Brewchef I was just out last weekend in Black River Falls WI harvesting some fiddlehead ferns (Also know as Ostrich Fern). It was my first time harvesting them in the wild and it was incredible to see these huge fields of them. Typically I keep the preparation simple, saute in butter with salt and pepper. I would enjoy hearing others preparations.


----------



## shroomgirl (Aug 11, 2000)

several years ago my brother and I tried fiddleheads out.....both were running for a bathroom for numerous hours. Is there a way to clean them or do they need to be soaked or sauteed until dead. I've not tried them since but am curious about our physical reactions.....especially since consuming wild shrooms is normal in my home.


----------



## mikeb (Jun 29, 2004)

Fiddleheads contain a toxin that causes vomiting, diarrhea, and other ill-effects... They need to be fully cooked to be safe to eat (says the health advisory that came with them). We usually boil them first until nearly cooked (shock in ice water after), then sautée them with a little butter, some garlic and ginger for service.
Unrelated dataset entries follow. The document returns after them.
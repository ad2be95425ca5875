-- ===== src/Remote/Token.antt =====
-- crates/treesync/src/remote/protocol.rs: one frame of a delta transfer.
pub mod Meaning
use treesync.Prelude.{ℕ}
use treesync.FilePath.{Bytes}
use treesync.Error.{Text}
use treesync.Remote.Wire.{WireTime}

pub data Token : Type 0 where
  copy : (offset len : ℕ) → Token
  literal : Bytes → Token
  commit : (mtime : WireTime) (hash : Bytes) → Token
  abort : (reason : Text) → Token
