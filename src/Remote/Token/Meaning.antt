-- ===== src/Remote/Token/Meaning.antt =====
-- What a list of tokens stands for: bytes, given the file that the target holds.
use treesync.Prelude.{
  ℕ, ◌+◌, ◌≤◌, List, [], ◌∷◌, ◌++◌, ◌≡◌, ◌∙◌, sym, ap, append_assoc, All, length, take, drop,
}
use treesync.FilePath.{Bytes}
use treesync.Remote.Token.{Token, copy, literal, commit, abort}

-- The bytes of a range of the old file.
abbrev pub range : Bytes → ℕ → ℕ → Bytes
range old offset len = take len (drop offset old)

abbrev pub bytes_of : Bytes → Token → Bytes
bytes_of old (copy offset len) = range old offset len
bytes_of old (literal bs) = bs
bytes_of old (commit mtime hash) = []
bytes_of old (abort reason) = []

abbrev pub all_bytes : Bytes → List Token → Bytes
all_bytes old [] = []
all_bytes old (t ∷ ts) = bytes_of old t ++ all_bytes old ts

-- The token carries content, at least one byte, and what it reuses is there.
abbrev pub Fits : Bytes → Token → Type 0
Fits old (copy offset len) = (offset + len ≤ length old) × (1 ≤ len)
Fits old (literal bs) = 1 ≤ length bs
Fits old (commit mtime hash) = ⊥
Fits old (abort reason) = ⊥

pub all_bytes-snoc :
    (old : Bytes) (ts : List Token) (t : Token) (rest : Bytes)
    → all_bytes old (ts ++ (t ∷ [])) ++ rest ≡ all_bytes old ts ++ (bytes_of old t ++ rest)
all_bytes-snoc old [] t rest = append_assoc (bytes_of old t) [] rest
all_bytes-snoc old (s ∷ ts) t rest =
    append_assoc (bytes_of old s) (all_bytes old (ts ++ (t ∷ []))) rest
    ∙ ap (λ (x : Bytes). bytes_of old s ++ x) (all_bytes-snoc old ts t rest)
    ∙ sym (append_assoc (bytes_of old s) (all_bytes old ts) (bytes_of old t ++ rest))

pub All-snoc :
    {A : Type 0} (P : A → Type 0) (xs : List A) (x : A) → All P xs → P x → All P (xs ++ (x ∷ []))
All-snoc P [] x h p = (p, tt)
All-snoc P (y ∷ xs) x (q, h) p = (q, All-snoc P xs x h p)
edit - just did a little internet search, apparently there are several different species of 'fiddleheads', some of which are toxic, and some of which aren't....


----------



## dakota guy (May 25, 2006)

I have never had any adverse effects from fiddleheads. I just saute them in a little butter with some salt, pepper, and shallots.


----------



## mudbug (Dec 30, 1999)

As Mikeb alluded to, the term "fiddlehead" is a generic term for any young fern frond edible or not but is is used as a _common name_ in reference to the "Ostrich Fern". To avoid confusion, the only way to be sure is to go with the Latin/Botanical/Scientific name. To add to the problem, many don't realize they're harvesting the improper species and sometimes plants are mislabeled.

"Many people mistakenly believe that all fern fiddleheads are edible. Because of this misconception, stories of people getting sick from fiddleheads are common, and this has caused many to steer clear of these wildlings.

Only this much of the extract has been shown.